Private pension plans can take a number of forms: Occupational Pension Schemes (including small self-administered schemes used primarily by proprietary directors of companies); Retirement Annuity Contracts (used primarily by the self-employed); and PRSAs (which are open to all). The €5m standard fund threshold and the personal fund thresholds apply to all these categories of private pension plan.

However, notification to Revenue of amounts in excess of €5 million, for the purpose of these thresholds, did not arise until 2006 (as these measures were not announced until Budget 2006, and the relevant processes were put in place in Finance Act 2006.) I am informed by the Revenue Commissioners that 117 notifications of personal fund thresholds in excess of €5 million were received by them before the 6 June 2006 deadline. I am further informed that, to date, Revenue has issued certificates noting the relevant personal fund thresholds in respect of 75 of the notifications received. The other 42 notifications are at various stages of enquiry.

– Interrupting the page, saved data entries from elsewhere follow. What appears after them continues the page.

-- ===== src/Masking.antt =====
-- src/fieldtrue/masking.py: the compensators and the measurement of one cell.
mod Tests
pub mod Commands
pub mod Recompute
pub mod Counted
pub mod Totals
pub mod Exact
use inbar.Prelude.{
  ℕ, zero, suc, ◌+◌, ◌*◌, ◌/◌, String, Bool, true, false, not, ◌&&◌, ltb, leb, if◌then◌else◌, List,
  [], ◌∷◌, ◌++◌, Option, Result, ok, err, ◌>>=◌, ◌>>◌, raise_if,
}
use inbar.Domain.{ℤ, pos, negsuc}
use inbar.Integer.{◌+ℤ◌, ◌-ℤ◌, ◌*ℤ◌, floor_div, less_ℤ, pos_part, sum_ℤ}
use inbar.Laboratory.{
  GradedFaultConfig, Randomness, GradedLaboratoryError, unequal_lengths, unknown_mechanism_key,
  commanded, graded_run, graded_forward_telemetry,
}
use inbar.Laboratory.Separability.{mechanism_separability_permille, resolvable}

abbrev pub safe_command_floor : ℤ
safe_command_floor = pos 0

abbrev pub safe_command_ceiling : ℤ
safe_command_ceiling = pos 100

-- `max(SAFE_COMMAND_FLOOR, min(SAFE_COMMAND_CEILING, commanded))`
unfoldable pub clipped : ℤ → ℤ
clipped commanded =
    let capped =
      if less_ℤ commanded safe_command_ceiling then commanded else safe_command_ceiling in
    if less_ℤ safe_command_floor capped then capped else safe_command_floor

-- `(command,) * steps`
unfoldable pub repeated : ℕ → ℤ → List ℤ
repeated zero command = []
repeated (suc n) command = command ∷ repeated n command

-- `trace[-1]`, of a trace with an entry for each of at least one step
abbrev pub last : List ℤ → ℤ
last [] = pos 0
last (x ∷ []) = x
last (x ∷ y ∷ ys) = last (y ∷ ys)

module _ (r : Randomness) (config : GradedFaultConfig) (initial_state : ℤ) where
  unfoldable pub nominal_final_state : List ℤ → Result GradedLaboratoryError ℤ
  unfolding graded_forward_telemetry
  nominal_final_state action = do
    nominal ← graded_forward_telemetry r config initial_state unknown_mechanism_key (pos 0) action
    ok (last nominal)

  -- How far the observed state falls short of the nominal one.
  unfoldable pub shortfall : List ℤ → ℤ → Result GradedLaboratoryError ℤ
  unfolding nominal_final_state repeated ◌-ℤ◌
  shortfall observed baseline = do
    nominal ← nominal_final_state (repeated config.steps baseline)
    ok (nominal -ℤ last observed)

  unfoldable pub compensator_action : List ℤ → ℤ → ℤ → Result GradedLaboratoryError (List ℤ)
  unfolding shortfall clipped repeated ◌+ℤ◌ ◌*ℤ◌ floor_div
  compensator_action observed baseline gain = do
    short ← shortfall observed baseline
    ok (repeated config.steps (clipped (baseline +ℤ floor_div (gain *ℤ short) 100)))

  -- Its gain is not used.
  unfoldable pub bang_bang_action : List ℤ → ℤ → ℤ → Result GradedLaboratoryError (List ℤ)
  unfolding shortfall clipped repeated
  bang_bang_action observed baseline gain = do
    short ← shortfall observed baseline
    ok (
        repeated config.steps
          (clipped (if less_ℤ short (pos 20) then baseline else safe_command_ceiling)))

  unfoldable pub half_gain_action : List ℤ → ℤ → ℤ → Result GradedLaboratoryError (List ℤ)
  unfolding compensator_action floor_div
  half_gain_action observed baseline gain = compensator_action observed baseline (floor_div gain 2)

  -- `zip` with `strict=True` raises where one trace is longer than the other.
  unfoldable pub differences : List ℤ → List ℤ → Result GradedLaboratoryError (List ℤ)
  differences [] [] = ok []
  differences [] (o ∷ os) = err unequal_lengths
  differences (n ∷ ns) [] = err unequal_lengths
  differences (n ∷ ns) (o ∷ os) = do rest ← differences ns os; ok ((n -ℤ o) ∷ rest)

  unfoldable pub nominal_differences : List ℤ → ℤ → Result GradedLaboratoryError (List ℤ)
  unfolding graded_forward_telemetry differences repeated
  nominal_differences observed baseline = do
    nominal ←
        graded_forward_telemetry r config initial_state unknown_mechanism_key (pos 0)
          (repeated config.steps baseline)
    differences nominal observed

  unfoldable pub integrating_action : List ℤ → ℤ → ℤ → Result GradedLaboratoryError (List ℤ)
  unfolding nominal_differences sum_ℤ clipped repeated ◌+ℤ◌ ◌*ℤ◌ floor_div
  integrating_action observed baseline gain = do
    each ← nominal_differences observed baseline
    let accumulated = sum_ℤ each
    ok (
        repeated config.steps
          (clipped (baseline +ℤ floor_div (gain *ℤ accumulated) (100 * config.steps))))

-- `COMPENSATOR_FAMILIES`
pub data Family : Type 0 where
  proportional bang_bang half_gain integrating : Family

unfoldable pub family_action :
    Family
    → Randomness
    → GradedFaultConfig
    → ℤ
    → List ℤ
    → ℤ
    → ℤ
    → Result GradedLaboratoryError (List ℤ)
unfolding compensator_action bang_bang_action half_gain_action integrating_action
family_action proportional = compensator_action
family_action bang_bang = bang_bang_action
family_action half_gain = half_gain_action
family_action integrating = integrating_action

pub record MaskingCell : Type 0 where
  pub mechanism_key : String
  pub severity : ℤ
  pub seed : ℕ
  pub commanded_correction : ℤ
  pub separability_pre_permille : ℕ
  pub separability_post_permille : ℕ

abbrev pub resolvable_pre : MaskingCell → Bool
resolvable_pre c = resolvable c.separability_pre_permille

abbrev pub resolvable_post : MaskingCell → Bool
resolvable_post c = resolvable c.separability_post_permille

unfoldable pub masking_event : MaskingCell → Bool
masking_event c = resolvable_pre c && not (resolvable_post c)

abbrev pub masking_index_permille : MaskingCell → ℤ
masking_index_permille c = pos c.separability_pre_permille -ℤ pos c.separability_post_permille

-- For given candidate keys; the bounds of a cell's fields hold by the severity check and the clipping.
unfoldable pub measure_cell :
    Randomness
    → GradedFaultConfig
    → ℤ
    → String
    → ℤ
    → ℕ
    → List String
    → ℤ
    → ℤ
    → Result GradedLaboratoryError MaskingCell
unfolding graded_run compensator_action mechanism_separability_permille repeated
measure_cell r config initial_state key severity seed candidate_keys baseline gain = do
  let baseline_action = repeated config.steps baseline
  (settled, observed) ← graded_run r config initial_state seed key severity baseline_action
  correction ← compensator_action r config initial_state observed baseline gain
  pre ←
      mechanism_separability_permille r config initial_state severity baseline_action key
        candidate_keys
  post ←
      mechanism_separability_permille r config initial_state severity correction key candidate_keys
  ok (record {
    mechanism_key = key;
    severity = severity;
    seed = seed;
    commanded_correction = commanded correction;
    separability_pre_permille = pre;
    separability_post_permille = post;
  })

The Deputy will be aware that, in due course, where the capital value of pension benefits drawn by an individual, whether by way of pension, lump sum or transfer to an approved retirement fund etc, exceeds the relevant threshold, the excess will be subject to an up-front income tax charge of 42%. This charge is in addition to any other income tax charge that might arise in the normal course on the pension benefits drawn down. The Deputy will also be aware that this measure was part of a suite of measures in relation to pensions announced in Budget 2006, and should not, of course, be seen in isolation.